___ Records shown ___

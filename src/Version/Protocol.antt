-- ===== src/Version/Protocol.antt =====
-- Threads that share one `node_version64`, interleaved in any order, one access of the word at a
-- time: `lock`, the updates of a lock holder, `unlock`, and the one update that is made without
-- the lock (`atomic_set_version_root` on a sibling, in include/interior_node.h).
use yakushima.Common.{ℕ, ◌+◌, ◌<◌, ◌≡◌, Bool, true, false, update}
use yakushima.Version.{
  VersionBody, set_border, set_deleted, set_inserting_deleting, set_locked, set_root, set_splitting,
  released, bit,
}

-- An update that the holder of the lock makes.
pub data Op : Type 0 where
  inserting splitting : Op
  deleted root border : Bool → Op

abbrev pub apply : Op → VersionBody → VersionBody
apply inserting = set_inserting_deleting true
apply splitting = set_splitting true
apply (deleted tf) = set_deleted tf
apply (root tf) = set_root tf
apply (border tf) = set_border tf

-- Where a thread stands, with its `expected` where it is about to exchange.
pub data Pc : Type 0 where
  idle : Pc
  spin : Pc  -- in `lock`, before its load
  trying : (expected : VersionBody) → Pc
  holding : Pc
  updating : (op : Op) (expected : VersionBody) → Pc
  leaving : (expected : VersionBody) → Pc  -- in `unlock`
  rooting : (tf : Bool) (expected : VersionBody) → Pc  -- without the lock

-- One access of the word `m`. An exchange may fail where it could succeed: it is the weak one.
pub data Move (m : VersionBody) : Pc → VersionBody → Pc → Type 0 where
  call_lock : Move m idle m spin
  see_locked : m.locked ≡ true → Move m spin m spin
  see_free : m.locked ≡ false → Move m spin m (trying m)
  lock_win : {e : VersionBody} → m ≡ e → Move m (trying e) (set_locked true e) holding
  lock_lose : {e : VersionBody} → Move m (trying e) m spin
  call_update : (op : Op) → Move m holding m (updating op m)
  update_win : {op : Op} {e : VersionBody} → m ≡ e → Move m (updating op e) (apply op e) holding
  update_lose : {op : Op} {e : VersionBody} → Move m (updating op e) m (updating op m)
  call_unlock : Move m holding m (leaving m)
  unlock_win : {e : VersionBody} → m ≡ e → Move m (leaving e) (released e) idle
  unlock_lose : {e : VersionBody} → Move m (leaving e) m (leaving m)
  call_root : (tf : Bool) → Move m idle m (rooting tf m)
  root_win : {tf : Bool} {e : VersionBody} → m ≡ e → Move m (rooting tf e) (set_root tf e) idle
  root_lose : {tf : Bool} {e : VersionBody} → Move m (rooting tf e) m (rooting tf m)

-- The sections that a move completes: those whose mark a release takes away.
abbrev pub inserts_ended : {m m' : VersionBody} {p p' : Pc} → Move m p m' p' → ℕ
inserts_ended (unlock_win {e} h) = bit e.inserting_deleting
inserts_ended _ = 0

abbrev pub splits_ended : {m m' : VersionBody} {p p' : Pc} → Move m p m' p' → ℕ
splits_ended (unlock_win {e} h) = bit e.splitting
splits_ended _ = 0

-- The word, the threads, and how many marked sections have been completed so far.
pub record System : Type 0 where
  pub body : VersionBody
  pub pc : ℕ → Pc
  pub inserts : ℕ
  pub splits : ℕ

-- A move of one of the `n` threads.
pub data Step (n : ℕ) (s : System) : System → Type 0 where
  pick :
      (i : ℕ) {m : VersionBody} {p : Pc}
      → i < n
      → (mv : Move s.body (s.pc i) m p)
      → Step n s (record {
        body = m;
        pc = update s.pc i p;
        inserts = s.inserts + inserts_ended mv;
        splits = s.splits + splits_ended mv;
      })

pub data Steps (n : ℕ) (s : System) : System → Type 0 where
  here : Steps n s s
  next : {t u : System} → Steps n s t → Step n t u → Steps n s u

-- Every thread is outside, on a word that is not locked.
abbrev pub start : VersionBody → System
start v = record { body = v; pc = λ _. idle; inserts = 0; splits = 0 }

-- Between the return of `lock` and the exchange of `unlock`.
abbrev pub critical : Pc → Bool
critical holding = true
critical (updating op e) = true
critical (leaving e) = true
critical _ = false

___

- Task description -
Extract every line containing the string "critical" from the data above.

- Written reply -
abbrev pub critical : Pc → Bool
critical holding = true
critical (updating op e) = true
critical (leaving e) = true
critical _ = false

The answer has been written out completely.